BACKGROUND
Respiratory Syncytial Virus (RSV) is the largest viral cause of pediatric bronchiolitis worldwide, a respiratory disease that results in over 100,000 deaths per year. RSV can also cause adult lung diseases such as pneumonia and poses a serious risk for the elderly and the immunocompromised. Unfortunately, a vaccine for RSV is not currently available. Although, live-attenuated (weakened) RSV virus offers the most promise for a future vaccine, previous and current efforts have failed to produce a vaccine that is both effective and safe to use without the risk of severe side effects.
SUMMARY OF TECHNOLOGY
OSU Researchers have developed a novel live attenuated RSV vaccine in which the M protein has been deleted (Mnull RSV). This vaccine candidate allows to control the rate of cell-to-cell transmission of human RSV, making it possible to tailor vaccines to the strength each person needs for maximum protection without side effects. The Mnull RSV can be developed for use in small children and immunocompromised patients who require more stringent safety conditions. This vaccine candidate has been tested in two in-vivo disease models. The new method has also been developed and optimized enabling to produce titers at levels required for a commercial vaccine.
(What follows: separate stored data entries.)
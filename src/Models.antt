-- ===== src/Models.antt =====
-- app/models.py: one record for each table, with its columns, and the database as its tables.
-- A timestamp is a number. A table lists its rows, the last inserted first; SQL gives them no order
-- but by `ORDER BY`.
use jarvis_ai_coo.Prelude.{ℕ, Text, Option, List, Bool}

-- `SkillStatus`
pub data SkillStatus : Type 0 where
  draft active disabled : SkillStatus

-- `Organization`
pub record Organization : Type 0 where
  pub id : Text
  pub name : Text
  pub created_at : ℕ

-- `Membership`, whose primary key is the pair of the organization and the user
pub record Membership : Type 0 where
  pub organization_id : Text
  pub user_id : Text
  pub role : Text
  pub created_at : ℕ

-- `Skill`
pub record Skill : Type 0 where
  pub id : Text
  pub organization_id : Text
  pub name : Text
  pub description : Text
  pub department : Text
  pub content : Text
  pub requested_tools : List Text
  pub status : SkillStatus
  pub active_version_id : Option Text
  pub created_by : Text
  pub created_at : ℕ
  pub updated_at : ℕ

-- `SkillVersion`
pub record SkillVersion : Type 0 where
  pub id : Text
  pub organization_id : Text
  pub skill_id : Text
  pub version_number : ℕ
  pub name : Text
  pub description : Text
  pub department : Text
  pub content : Text
  pub requested_tools : List Text
  pub version_hash : Text
  pub created_by : Text
  pub created_at : ℕ

-- `ToolApproval`
pub record ToolApproval : Type 0 where
  pub id : Text
  pub organization_id : Text
  pub skill_id : Text
  pub version_id : Text
  pub tool : Text
  pub approved_by : Text
  pub created_at : ℕ

-- The `event` strings that the routers pass to `record_audit`.
pub data Event : Type 0 where
  skill_draft_created skill_draft_updated skill_version_created : Event
  tool_approved tool_approval_replayed : Event
  skill_activated skill_activation_replayed : Event
  skill_disabled skill_disable_replayed : Event

-- The values that the `detail` dictionaries and the hashed snapshots hold.
pub data Value : Type 0 where
  str : Text → Value
  int : ℕ → Value
  bool : Bool → Value
  strs : List Text → Value
  null : Value

-- `AuditLog`
pub record AuditLog : Type 0 where
  pub id : Text
  pub organization_id : Text
  pub skill_id : Option Text
  pub version_id : Option Text
  pub actor_id : Text
  pub actor_role : Text
  pub event : Event
  pub version_hash : Option Text
  pub detail : List (Text × Value)
  pub created_at : ℕ

-- The tables.
pub record Database : Type 0 where
  pub organizations : List Organization
  pub memberships : List Membership
  pub skills : List Skill
  pub skill_versions : List SkillVersion
  pub tool_approvals : List ToolApproval
  pub audit_logs : List AuditLog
POTENTIAL AREAS OF APPLICATION
- Prevention of human RSV outbreaks through immunization of infants and young children.
MAIN ADVANTAGES
- Virus cell to cell transmission can be blocked entirely or fine-tuned to different levels;
- Improved vaccine safety;
- Higher antigen production, recognition, and efficacy;
- Easier production than attenuated viruses;
- Controlled spread of virus without negative side effects;
- Optimized cell line method allowing to produce titers of >107 PFU/ml routinely.
STAGE OF DEVELOPMENT
Support from the NIH and the Oklahoma Center for the Advancement of Science & Technology (OCAST) was used to generate proof of concept data including experiments in a mouse model showing (i) reduced weight loss and alleviated airway resistance following administration of our lead RSV vaccine candidate, (ii) induction of immune response, as measured by activation of CD8+ and CD4+ T cells, at a level close to the one observed with a wildtype RSV virus. Data from trials in infant baboons demonstrates that our vaccine candidate (i) protects against tachypnea induced by RSV challenge, (ii) reduces overall illness induced by RSV challenge, (iii) reduces viral replication in BAL fluid, (iv) induces low serum RSV neutralizing antibody responses and (v) primes for accelerated NA responses after infection.
Awarded NIH STTR Phase I grant for preclinical evaluation in a baboon model.
COMMERCIAL OPPORTUNITY
Respiratory syncytial virus infection represents the major cause of hospitalization of infants in the US with up to 120,000 annual RSV admissions. Causing as many as 200,000 annual infant deaths worldwide, RSV has an estimated >$3 billion cost associated with management of RSV infection in infants and children. Palivizumab has been the only RSV-specific treatment on the market with peak sales of >$1.1 billion in 2010.